Die Geschichte ist bekannt, sie muss nur kurz erwähnt werden, gerade weil sie den Dirigenten Teodor Currentzis bei seiner Neuaufnahme zum Glück so gar nicht interessiert.
Am Abend des 8. Dezember 1813, kaum anderthalb Monate nachdem Napoleon in der Völkerschlacht geschlagen worden war, wurde getanzt in der Wiener Universität. Ein Benefizkonzert für die Gefallenen.
Beethoven dirigierte, Spohr und Hummel und Meyerbeer spielten mit. „Wellingtons Sieg“, Beethovens Smash-Hit, wurde unter Jubelschreien zur Welt gebracht. Und die siebte Sinfonie.
Die Leute standen auf den Stühlen. Der zweite Satz musste wiederholt werden. Es war einer der patriotischsten zweiten Adventssonntage in der Geschichte Wiens.
Eine durchchoreographierte Partitur
Und jetzt zu dem, was Teodor Currentzis interessiert an dieser nun wahrlich im Katalog nicht unterrepräsentierten Sinfonie. Nichts als die Noten, nichts als das, was Beethoven wollte und als Erster so explizit ausformuliert in die Partitur schrieb – die Dynamik, die Feinheiten der Phrasierung, die kleinen Teile, aus denen Beethoven seine Partitur durchchoreografiert, die Wagner später „Apotheose des Tanzes“ nannte.

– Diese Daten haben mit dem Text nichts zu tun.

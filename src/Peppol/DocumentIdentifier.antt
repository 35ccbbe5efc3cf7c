-- ===== src/Peppol/DocumentIdentifier.antt =====
-- as4/profiles/peppol/document_identifier.py: a document type identifier of the scheme
-- busdox-docid-qns, read from its text and written back.
pub mod Splitting
use as_lib.Base.{String, ◌<>◌, Option, none, some, ◌&&◌, if◌then◌else◌}
use as_lib.Base.Text.{nonempty}
use as_lib.Base.Regex.{first_line, greedy, rest_of_line, before_first, after_first}
use as_lib.Outcome.{Result, ok, err, require, value_error}

pub record BusdoxDocidQnsDocumentIdentifier : Type 0 where
  pub scheme : String
  pub syntax_specific_id : String
  pub customization_id : String
  pub version : String

-- `re.match`, which looks for the pattern at the start of the text only. The groups in order.
unfoldable pub match_qns : String → Option (String × (String × String))
unfolding first_line greedy
match_qns s = greedy "##" (greedy "::" rest_of_line) (first_line s)

abbrev pub not_an_identifier : Result BusdoxDocidQnsDocumentIdentifier
not_an_identifier =
    err (
      value_error "Cannot construct BusdoxDocidQnsDocumentIdentifier from document_type_identifier")

unfoldable pub from_identifier_value : String → Result BusdoxDocidQnsDocumentIdentifier
unfolding match_qns nonempty
from_identifier_value document_type_identifier = elim (match_qns document_type_identifier) [
  | none ↦ not_an_identifier
  | some (syntax_specific_id, (customization_id, version)) ↦
      if nonempty syntax_specific_id && (nonempty customization_id && nonempty version)
      then ok (record {
        scheme = "busdox-docid-qns";
        syntax_specific_id = syntax_specific_id;
        customization_id = customization_id;
        version = version;
      })
      else not_an_identifier
]

unfoldable pub root_element_namespace : BusdoxDocidQnsDocumentIdentifier → String
unfolding before_first
root_element_namespace i = before_first "::" i.syntax_specific_id

-- `split("::")[1]`, which is an `IndexError` where there is no separator
unfoldable pub root_element_name : BusdoxDocidQnsDocumentIdentifier → Result String
unfolding before_first after_first
root_element_name i = elim (after_first "::" i.syntax_specific_id) [
  | none ↦ err (value_error "IndexError: list index out of range")
  | some rest ↦ ok (before_first "::" rest)
]

unfoldable pub identifier_value : BusdoxDocidQnsDocumentIdentifier → String
identifier_value i = i.syntax_specific_id <> "##" <> i.customization_id <> "::" <> i.version

unfoldable pub action : BusdoxDocidQnsDocumentIdentifier → String
unfolding identifier_value
action i = i.scheme <> "::" <> identifier_value i
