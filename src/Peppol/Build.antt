-- ===== src/Peppol/Build.antt =====
-- The building side of as4/profiles/peppol/message.py, and as4/utils/cipher_handler.py: what a message
-- is built from, its business document and its user message. `namespace_map` names prefixes, which
-- the elements of Etree.antt do not have.
pub mod Security
pub mod Signing
pub mod Envelope
pub mod Parts
pub mod Accepted
pub mod Opens
pub mod Unzips
pub mod Signed
pub mod Digests
pub mod Covered
pub mod Delivered
pub mod Stated
pub mod Routed
pub mod Arrived
pub mod Read
pub mod ReadBack
use as_lib.Base.{String, ◌<>◌, true, Option, none, some, List, [], ◌∷◌, ◌++◌, map, take, drop}
use as_lib.Base.Dict.{Dict}
use as_lib.Platform.{Bytes, Certificate, Crypto, DateTime}
use as_lib.Etree.{Element, element, Elements, end, child}
use as_lib.Outcome.{Result, ok, ◌>>=◌}
use as_lib.Models.MessageInfo.{MessageInfo}
use as_lib.Models.UserMessage.{PartInfo, Property, UserMessage}
use as_lib.Models.Messaging.{Messaging}
use as_lib.Models.Sbdh.{Scope, StandardBusinessDocument}
use as_lib.Parties.{As4ExternalParty, As4InternalParty, to_party_from, to_party_to}
use as_lib.References.{As4References}
use as_lib.Receipt.Signals.{Moment}
use as_lib.Peppol.DocumentIdentifier.{
  BusdoxDocidQnsDocumentIdentifier, action, identifier_value, root_element_name,
  root_element_namespace,
}

pub record BuilderArgs : Type 0 where
  pub namespace_map : Dict String
  pub sender : String
  pub recipient : String
  pub document_type_identifier : BusdoxDocidQnsDocumentIdentifier
  pub document_identification_instance_identifier : String
  pub process_identifier : String
  pub c1_country_id : String

-- What the third parties give while a message is built: the clock and the random values, lxml's
-- serialiser, gzip, AES-GCM with a key and a nonce, and RSA-OAEP under the key of a certificate.
pub record Supplies : Type 0 where
  pub moment : Moment
  -- `datetime.now(UTC)` of the business document
  pub created : DateTime
  pub generate_key : Bytes
  pub urandom : Bytes
  pub tostring : Element → Bytes
  pub gzip_compress : Bytes → Bytes
  pub aes_gcm_encrypt : Bytes → Bytes → Bytes → Bytes
  pub rsa_oaep_encrypt : Certificate → Bytes → Bytes

abbrev pub actor_id : String
actor_id = "iso6523-actorid-upis"

abbrev pub process_scheme : String
process_scheme = "cenbii-procid-ubl"

-- `CipherHandler.encrypt_payload`: the session key, and the nonce with the ciphertext.
unfoldable pub encrypt_payload : Supplies → Bytes → Bytes × Bytes
encrypt_payload s payload =
    (s.generate_key, s.urandom ++ s.aes_gcm_encrypt s.generate_key s.urandom payload)

-- `CipherHandler.decrypt_payload`, with no answer where `AESGCM.decrypt` raises.
unfoldable pub decrypt_payload : Crypto → Bytes → Bytes → Option Bytes
decrypt_payload c session_key encrypted_blob =
    c.aes_gcm_decrypt session_key (take 12 encrypted_blob) (drop 12 encrypted_blob)

scope : String → String → Option String → Scope
scope name value identifier = record {
  scope_type = record { value = name };
  instance_identifier = record { value = value };
  identifier = elim identifier [ none ↦ none | some i ↦ some (record { value = i }) ];
}

unfoldable pub business_scopes : BuilderArgs → List Scope
unfolding scope identifier_value
business_scopes a =
    let doc_id = a.document_type_identifier in
    scope "DOCUMENTID" (identifier_value doc_id) (some doc_id.scheme)
    ∷ scope "PROCESSID" a.process_identifier (some process_scheme)
    ∷ scope "COUNTRY_C1" a.c1_country_id none
    ∷ []

unfoldable pub get_standard_business_document :
    Supplies → BuilderArgs → Result StandardBusinessDocument
unfolding root_element_namespace root_element_name business_scopes
get_standard_business_document s a =
    let doc_id = a.document_type_identifier in
    do
      name ← root_element_name doc_id
      ok (record {
        standard_business_document_header = record {
          header_version = record { value = "1.0" };
          sender = record { identifier = record { authority = some actor_id; value = a.sender } };
          receiver = record {
            identifier = record { authority = some actor_id; value = a.recipient };
          };
          document_identification = record {
            standard = record { value = root_element_namespace doc_id };
            type_version = record { value = doc_id.version };
            instance_identifier = record { value = a.document_identification_instance_identifier };
            document_identification_type = record { value = name };
            creation_date_and_time = record { value = s.created };
          };
          business_scope = record { scopes = business_scopes a };
        };
      })

-- `Property(name=…, value=…)`
abbrev part_property : String → String → Property
part_property name value = record { property_type = none; value = value; name = name }

abbrev pub actor_property : String → String → Property
actor_property name value = record { property_type = some actor_id; value = value; name = name }

-- The part of one attachment of the references' map.
unfoldable pub part_of : String × String → PartInfo
part_of entry = record {
  part_schema = [];
  description = [];
  part_properties = record {
    properties =
        part_property "MimeType" "application/xml"
        ∷ part_property "CompressionType" "application/gzip"
        ∷ [];
  };
  href = some ("cid:" <> entry.0);
}

unfoldable pub get_user_message :
    Supplies → As4InternalParty → As4ExternalParty → BuilderArgs → As4References → UserMessage
unfolding to_party_to to_party_from action part_of
get_user_message s local_party remote_party a references = record {
  message_info = record {
    timestamp = record { value = s.moment.now };
    message_id = record { value = references.message_id };
    ref_to_message_id = none;
  };
  party_info = record {
    party_from = to_party_from local_party.identity;
    party_to = to_party_to remote_party.identity;
  };
  collaboration_info = record {
    agreement_ref = some (record {
      value = "urn:fdc:peppol.eu:2017:agreements:tia:ap_provider";
      type_value = none;
      pmode = none;
    });
    service = record { value = a.process_identifier; type_value = some process_scheme };
    action = record { value = action a.document_type_identifier };
    conversation_id = record { value = references.conversation_id };
  };
  message_properties = some (record {
    properties =
        actor_property "originalSender" a.sender ∷ actor_property "finalRecipient" a.recipient ∷ [];
  });
  payload_info =
      some (record { part_info = map part_of references.attachment_id_encrypted_data_id_map });
  mpc = none;
}

unfoldable pub get_messaging : As4References → UserMessage → Messaging
get_messaging references user_message = record {
  signal_messages = [];
  user_messages = user_message ∷ [];
  messaging_id = some references.messaging_id;
  w3_org_2003_05_soap_envelope_must_understand = some true;
}

last_child : Element → Elements → Elements
last_child e end = child e end
last_child e (child f fs) = child f (last_child e fs)

-- `parent.append(e)`
unfoldable pub append_element : Element → Element → Element
unfolding last_child
append_element e (element name attributes text children) =
    element name attributes text (last_child e children)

Currentzis interessiert sich diesmal nicht für Geschwindigkeitsrekorde. Wirft alles an Geschichts- und Geschichtenhintergrund (auch Wagner) aus dem Tempel, für den er Beethovens helles Musikgebäude hält.
Zusammen mit Musica aeterna, seinem geradezu gläubig folgenden Orchester, nimmt er jede Nuance, jede Phrase dieses rhythmisch-rhetorischen Meisterstücks neu in die Hand, feilt daran herum, spitzt zu, setzt alles unter enorme Spannung.
Baut eine neue Klangrede, einen neuen Tempel auf. Und lässt ihn tanzen.
Vielleicht war gar nicht die Neunte jene Beethoven-Sinfonie, vor der die Zeitgenossen verstummten und aus deren Schatten die Nachfahren schwer herauskamen. Sondern – das könnte man ahnen nach dieser hochmusikalischen Hochglanzdurchleuchtung – dieses bis in die letzte Verästelung feinziselierte Partitur, mit der Beethoven den Vorgabenkatalog der klassischen Sinfonie erfüllte und seine Ketten sprengte.
Man braucht allerdings – der dynamische Raum, den Currentzis nutzt, ist kathedralengroß und feinst verästelt – einen einsamen Abend mit guten Kopfhörern, um, was wichtig ist, jede Feinheit zu hören. Oder sehr geduldige Nachbarn.